- _ACTION ITEM_
After finding the line that includes "paid receiver_address amount (err" in the records below, transcribe it and each line after it through the last, exactly, and add nothing.

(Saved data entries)
-- ===== src/Node/Inner/Payments.antt =====
-- node/node_internal/src/node.rs, NodeInner: how a node begins a payment.
pub mod Paying
use stargate.Common.{
  ℕ, Bool, true, false, Option, none, some, List, [], ◌∷◌, ◌==◌, ltb, if◌then◌else◌,
}
use stargate.Common.Outcome.{Outcome, ok, err, panic, ok_or}
use stargate.Common.Handler.{◌>>=◌, ◌>>◌, pure, fail, lift, gets}
use stargate.Libra.{Bytes}
use stargate.Messages
use stargate.Messages.Errors.{balance_not_enough, not_path}
use stargate.Messages.Hops.{NextHop, MultiHopChannelRequest}
use stargate.Proposal.Requests.{ChannelTransactionRequest, request_id}
use stargate.Router.Paths.{BalanceQueryResponse}
use stargate.Router.Stats.{paying}
use stargate.Wallet.Actions.{send_payment, transfer}
use stargate.Node.Inner.{
  NodeWorld, NodeInner, NodeHandler, NodeError, Response, sg_error, few_hops, no_balances,
  not_my_path, on_wallet, attempt, send_channel_request, send_multi_hop_channel_request, send_stats,
}

unfoldable pub check_balance : List BalanceQueryResponse → ℕ → Bool
check_balance [] amount = true
check_balance (response ∷ path) amount =
    if ltb response.local_balance amount then false else check_balance path amount

abbrev pub remote_addrs : List BalanceQueryResponse → List ℕ
remote_addrs [] = []
remote_addrs (response ∷ response_list) = response.remote_addr ∷ remote_addrs response_list

unfoldable pub balance_response_to_address : List BalanceQueryResponse → Outcome NodeError (List ℕ)
balance_response_to_address [] = err no_balances
balance_response_to_address (r ∷ response_list) =
    ok (r.local_addr ∷ remote_addrs (r ∷ response_list))

-- the loop over the vertexes, each with the whole amount
abbrev pub hops_of : ℕ → List ℕ → List NextHop
hops_of amount [] = []
hops_of amount (a ∷ vertexes) =
    record { remote_addr = a; amount = amount } ∷ hops_of amount vertexes

module _ (nw : NodeWorld) where
  unfoldable pub hop_request :
      Bool → ℕ → List ℕ → ℕ → Bytes → ℕ → NodeHandler (MultiHopChannelRequest × ℕ)
  hop_request false receiver vertexes amount hash_lock timeout = fail not_my_path
  hop_request true receiver vertexes amount hash_lock timeout = do
    request ← on_wallet (send_payment nw.ww receiver amount hash_lock timeout)
    pure (record { request = request; hops = hops_of amount vertexes }, receiver)

  unfoldable pub get_multi_hop_request :
      List ℕ → ℕ → Bytes → ℕ → NodeHandler (MultiHopChannelRequest × ℕ)
  get_multi_hop_request (first_addr ∷ receiver ∷ vertexes) amount hash_lock timeout = do
    me ← gets (λ s. s.wallet.account.address)
    hop_request (me == first_addr) receiver vertexes amount hash_lock timeout
  get_multi_hop_request [] amount hash_lock timeout = fail few_hops
  get_multi_hop_request (_ ∷ []) amount hash_lock timeout = fail few_hops

  -- the responder's message for a request that was made or not
  unfoldable pub sent_hops : Response (MultiHopChannelRequest × ℕ) → NodeHandler (Response ℕ)
  sent_hops (ok (message, next_addr)) = attempt (
      send_multi_hop_channel_request nw next_addr message
        Messages.multi_hop_channel_transaction_request)
  sent_hops (err e) = pure (err e)
  sent_hops panic = lift panic

  unfoldable pub pay_along :
      Bool → ℕ → ℕ → List BalanceQueryResponse → ℕ → Bytes → ℕ → NodeHandler (Response ℕ)
  pay_along false me receiver path amount hash_lock timeout = pure (
      err (
        sg_error (record {
          error_code = balance_not_enough;
          error_message = nw.balance_text me receiver;
        })))
  pay_along true me receiver path amount hash_lock timeout = do
    vertexes ← lift (balance_response_to_address path)
    r ← attempt (get_multi_hop_request vertexes amount hash_lock timeout)
    sent_hops r

  unfoldable pub pay_on_path :
      ℕ → ℕ → Option (List BalanceQueryResponse) → ℕ → Bytes → ℕ → NodeHandler (Response ℕ)
  pay_on_path me receiver none amount hash_lock timeout =
      pure (
        err (sg_error (record { error_code = not_path; error_message = nw.path_text me receiver })))
  pay_on_path me receiver (some path) amount hash_lock timeout =
      pay_along (check_balance path amount) me receiver path amount hash_lock timeout

  unfoldable pub off_chain_pay_htlc : ℕ → ℕ → Bytes → ℕ → NodeHandler (Response ℕ)
  off_chain_pay_htlc receiver amount hash_lock timeout = do
    me ← gets (λ s. s.wallet.account.address)
    send_stats nw (me, receiver)
        (record { hash_value = nw.sha3 hash_lock; amount = amount; kind = paying })
    pay_on_path me receiver (nw.find_path_by_addr me receiver) amount hash_lock timeout

  unfoldable pub paid : ℕ → ℕ → Response ChannelTransactionRequest → NodeHandler (Response ℕ)
  paid receiver_address amount (ok request) = do
    me ← gets (λ s. s.wallet.account.address)
    send_stats nw (me, receiver_address)
        (record {
          hash_value = request_id nw.ww.world.x.txn_hash request;
          amount = amount;
          kind = paying;
        })
    attempt (send_channel_request nw receiver_address request Messages.channel_transaction_request)
  paid receiver_address amount (err e) = pure (err e)
  paid receiver_address amount panic = lift panic

  unfoldable pub off_chain_pay : ℕ → ℕ → NodeHandler (Response ℕ)
  off_chain_pay receiver_address amount = do
    r ← attempt (on_wallet (transfer nw.ww receiver_address amount))
    paid receiver_address amount r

- _TASK SOLUTION_
  paid receiver_address amount (err e) = pure (err e)
  paid receiver_address amount panic = lift panic

  unfoldable pub off_chain_pay : ℕ → ℕ → NodeHandler (Response ℕ)
  off_chain_pay receiver_address amount = do
    r ← attempt (on_wallet (transfer nw.ww receiver_address amount))
    paid receiver_address amount r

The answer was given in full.